Rather than trying to “fix” our generated SQL, we can go in the opposite direction. Instead of building complex queries with a lot of joins we’ll stick to very simple queries like these:

-- Get one thing by ID
SELECTFROM things WHERE id = $id

-- Get associated things
SELECT … FROM child_things WHERE parent_id = $thing_id LIMIT $page_size

-- Get a page of things
SELECT … FROM things WHERE created > $min_date ORDER BY created LIMIT $page_size

JOINs are not forbidden, they just need to be static. For example, things could actually be an aggregate that requires joining multiple tables together. The only dynamic parts are the actual variables ($id, $page_size, etc), and in some cases the contents of the WHERE and ORDER BY clauses to accommodate things like user-controlled sorting.

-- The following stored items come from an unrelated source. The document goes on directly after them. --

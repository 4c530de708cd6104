-- ===== src/TransactionService/Update/Settled.antt =====
-- UpdateTransaction, run without a fault: the accounts that it recalculates.
use orgfin_diploma.TransactionService.Delete.Rows.{change-HasUniqueIds}
use orgfin_diploma.TransactionService.Checks.{active_run, own_run}
use orgfin_diploma.TransactionService.Delete.Settled.{MayDelete, own_transaction_run}
use orgfin_diploma.TransactionService.Recalc.Settled.{IsSettled, IsSettled-tables}
use orgfin_diploma.TransactionService.Update.All.{IsRecalculable, loop_run}
use orgfin_diploma.TransactionService.Create.Balance.{Leaves}
use orgfin_diploma.Exec.{◌>>=◌, ◌>>◌, ok, pure, Exec}
use orgfin_diploma.TransactionService.{create_template, Service, enqueue_budget_update, Input}
use orgfin_diploma.TransactionService.Update.{
  enqueue_all, check_update, change_links, apply_input, add_account, update_transaction,
  fetch_linked,
}
use orgfin_diploma.Repositories.Accounts
use orgfin_diploma.Repositories.Transactions
use orgfin_diploma.Repositories.Templates as TemplateRows
use orgfin_diploma.Prelude.{
  ℕ, ◌≡◌, refl, ◌∙◌, Option, none, some, Bool, false, List, [], ◌∷◌, All, inl, inr, Bool-cases,
  All-map_proof,
}
use orgfin_diploma.Models.{Db, Transaction, Time, Account}
use orgfin_diploma.TransactionService.Recalc.Rows.{HasUniqueIds}

-- The columns of the statement.
abbrev set_updated : Transaction → Transaction → Transaction
set_updated tx t = record t {
  category_id = tx.category_id;
  amount = tx.amount;
  new_balance = tx.new_balance;
  label = tx.label;
  notes = tx.notes;
  date_time = tx.date_time;
  is_transfer = tx.is_transfer;
  is_income = tx.is_income;
  is_adjustment = tx.is_adjustment;
  exclude_from_reports = tx.exclude_from_reports;
  linked_transaction_id = tx.linked_transaction_id;
  account_id = tx.account_id;
}

-- The table after a row is persisted.
abbrev pub updated_db : Transaction → Db → Db
updated_db tx s = record s {
  transactions = Transactions.change tx.id (set_updated tx) s.transactions;
}

pub updated-HasUniqueIds :
    (tx : Transaction) (s : Db)
    → HasUniqueIds s.transactions
    → HasUniqueIds (updated_db tx s).transactions
updated-HasUniqueIds tx s unique =
    change-HasUniqueIds (set_updated tx) (λ _. refl) tx.id s.transactions unique

-- A best-effort step ends and leaves the money alone.
abbrev Spares : Exec (Unit {0}) → Db → Type 0
Spares m s =
    (s' : Db) × (m [] s ≡ (ok tt, [], s'))
    × (s'.accounts ≡ s.accounts)
    × (s'.transactions ≡ s.transactions)

enqueue_step : (svc : Service) (u a : ℕ) (s : Db) → Spares (enqueue_budget_update svc u a) s
unfolding enqueue_budget_update ◌>>=◌
enqueue_step svc u a s = elim (Bool-cases svc.has_enqueuer) [
  | inl e ↦ rw e (_, refl, refl, refl)
  | inr e ↦ rw e (_, refl, refl, refl)
]

template_step : (u : ℕ) (i : Input) (s : Db) → Spares (create_template u i) s
unfolding create_template TemplateRows.create ◌>>=◌
template_step u i s = elim (Bool-cases i.is_template) [
  | inl e ↦ rw e (_, refl, refl, refl)
  | inr e ↦ rw e (_, refl, refl, refl)
]

tasks_run :
    (svc : Service) (u : ℕ) (visited : List ℕ) (tx : Transaction) (s : Db)
    → Leaves ((enqueue_all svc u visited >> pure tx) [] s) tx s
unfolding enqueue_all ◌>>=◌
tasks_run svc u [] tx s = (refl, refl, refl)
tasks_run svc u (a ∷ rest) tx s =
    let (s', steps, accounts, rows) = enqueue_step svc u a s in
    let (answer, accounts', rows') = tasks_run svc u rest tx s' in
    rw steps (answer, accounts' ∙ accounts, rows' ∙ rows)

end_run :
    (svc : Service) (u : ℕ) (i : Input) (visited : List ℕ) (tx : Transaction) (s : Db)
    → Leaves ((create_template u i >> (enqueue_all svc u visited >> pure tx)) [] s) tx s
unfolding ◌>>=◌
end_run svc u i visited tx s =
    let (s', steps, accounts, rows) = template_step u i s in
    let (answer, accounts', rows') = tasks_run svc u visited tx s' in
    rw steps (answer, accounts' ∙ accounts, rows' ∙ rows)

module _ (order₁ order₂ : List ℕ → List ℕ) (svc : Service) (now : Time) (u : ℕ) (i : Input) (t : ℕ)
    (s s₁ : Db) {existing tx : Transaction} {linked : Option Transaction} {affected : List ℕ}
    (checks : check_update u i t [] s ≡ (ok (existing, linked), [], s))
    (links : change_links u i now existing.is_transfer i.is_transfer
        (apply_input i now existing)
        (add_account existing.account_id (i.account_id ∷ []))
        linked
        []
        s
      ≡ (ok (tx, affected), [], s₁))
    (balances : All (IsRecalculable (updated_db tx s₁)) (order₁ affected))
    (unique : HasUniqueIds (updated_db tx s₁).transactions) where
  pub visits :
      let (r, _, s') = update_transaction order₁ order₂ svc now u i t [] s in
      (r ≡ ok tx) × All (λ a. IsSettled a s') (order₁ affected)
  unfolding update_transaction Transactions.update ◌>>=◌
  visits =
      let (t, loops, _, settled) = loop_run (order₁ affected) (updated_db tx s₁) balances unique in
      let (answer, accounts, rows) = end_run svc u i (order₂ affected) tx t in
      rw checks (
        rw links (
          rw loops (
            answer,
            All-map_proof
                (λ a.
                  IsSettled-tables a
                    ((create_template u i >> (enqueue_all svc u (order₂ affected) >> pure tx)) []
                      t).2
                    t accounts rows)
                (order₁ affected) settled,
          )))

-- The checks of a transaction that neither was nor is a transfer.
regular_check_run :
    (u : ℕ) (i : Input) (t : ℕ) (s : Db) {existing : Transaction} {acc : Account}
    → MayDelete u t s existing
    → Accounts.find i.account_id s.accounts ≡ some acc
    → acc.user_id ≡ u
    → existing.is_transfer ≡ false
    → i.is_transfer ≡ false
    → check_update u i t [] s ≡ (ok (existing, none), [], s)
unfolding check_update fetch_linked ◌>>=◌
regular_check_run u i t s {existing} {acc} may found own was is =
    rw (active_run u s may.user may.known may.active) (
      rw (own_transaction_run u t s existing may.row may.own)
        (rw (is, was) (rw (own_run u i.account_id s acc found own))))

regular_links_run :
    (u : ℕ) (i : Input) (now : Time) (tx : Transaction) (accounts : List ℕ) (was is : Bool)
    (linked : Option Transaction) (s : Db)
    → was ≡ false
    → is ≡ false
    → change_links u i now was is tx accounts linked [] s ≡ (ok (tx, accounts), [], s)
unfolding change_links ◌>>=◌
regular_links_run u i now tx accounts was is linked s p q = rw (p, q)

-- UpdateTransaction by an active user of an own transaction that is no transfer, with an input that
-- is no transfer and names an own account, succeeds without a fault, if the edited rows of the
-- visited accounts imply balances and no two rows share an id: the stored balance of every visited
-- account then agrees with its rows. The visited accounts are the list that the order of the map
-- makes of the transaction's old and new account.
pub update_transaction-IsSettled :
    (order₁ order₂ : List ℕ → List ℕ) (svc : Service) (now : Time) (u : ℕ) (i : Input) (t : ℕ)
    (s : Db) {existing : Transaction} {acc : Account}
    → MayDelete u t s existing
    → Accounts.find i.account_id s.accounts ≡ some acc
    → acc.user_id ≡ u
    → existing.is_transfer ≡ false
    → i.is_transfer ≡ false
    → All
        (IsRecalculable (updated_db (apply_input i now existing) s))
        (order₁ (add_account existing.account_id (i.account_id ∷ [])))
    → HasUniqueIds s.transactions
    → let (r, _, s') = update_transaction order₁ order₂ svc now u i t [] s in
      (r ≡ ok (apply_input i now existing))
      × All (λ a. IsSettled a s') (order₁ (add_account existing.account_id (i.account_id ∷ [])))
update_transaction-IsSettled order₁ order₂ svc now u i t s {existing} may found own was is balances
      unique =
    visits order₁ order₂ svc now u i t s s (regular_check_run u i t s may found own was is)
      (regular_links_run u i now _ _ existing.is_transfer i.is_transfer none s was is) balances
      (updated-HasUniqueIds (apply_input i now existing) s unique)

The benefit of keeping data fetch operations nice and simple is that there are a lot of optimization opportunities. Even though there are still N+1 calls to resolver functions, the database doesn’t need to be hit nearly as frequently.

Optimizations

Memoization

In Node.js this can be accomplished with the library dataloader. Memoization is a type of caching where a function’s return value is cached for a given set of inputs. This means that if there are many calls to resolveGroupById, it will only execute once per unique group ID and then reuse the value. The cached value only needs to live for the duration of the request (or one event loop iteration in JS) in order to be useful. In some use cases, this doesn’t help at all but in others, it massively reduces the number of database calls. Imagine loading 100 users with their group, but the only groups are “admins” and “users”. There would be one query to load the users and a maximum of two queries to load the groups because there is a lot of repetition.

Batching

This can also be accomplished with dataloader. In an N+1 database query situation, the N queries may be batchable. Instead of calling resolveGroupById once per group, call resolveManyGroupsById once with the list of unique IDs. The result could be many SELECT statements in a single round trip. It could also generate a single SELECT:

SELECT … FROM groups WHERE id IN ($id_1, $id_2, …)

Database caching

A simpler database interface, where data is only fetched by ID or listed with a simple filter, means fewer unique query plans. That also means query plans are more likely to be cached and less RAM is required to cache actual data in memory. Not all databases work the same, but in general, in-database caching features work better with fewer unique queries.

Application layer caching

This refers to a cache layer that sits somewhere in between the web API and the actual database.  It probably involves storing data in in-process memory, or in an external cache database like Redis or Memcached. With predictable queries, it is easier to define aggregates that can be fetched only by ID. Since there are likely a ton of GetThingById calls, all that’s needed is a key/value store, as long as there is a reasonable way to invalidate the cache when needed. Ideally, all writes are encapsulated by the API so that InvalidateThingById can be called whenever something changes.

Wrapping up

It turns out that the ostensibly naive approach of calling many resolvers for a single request actually scales pretty well, as long as you are willing to invest some effort into the data access layer that sits between the resolver functions and the database itself. The alternative solution of generating complex, dynamic SQL actually ends up putting complexity in the wrong place and creates more problems for an application that needs to scale well. The best part about this conclusion is that it makes total sense to start out with the simplest possible implementation and then add in the optimizations only if, or when, they are needed, without undoing any previous work.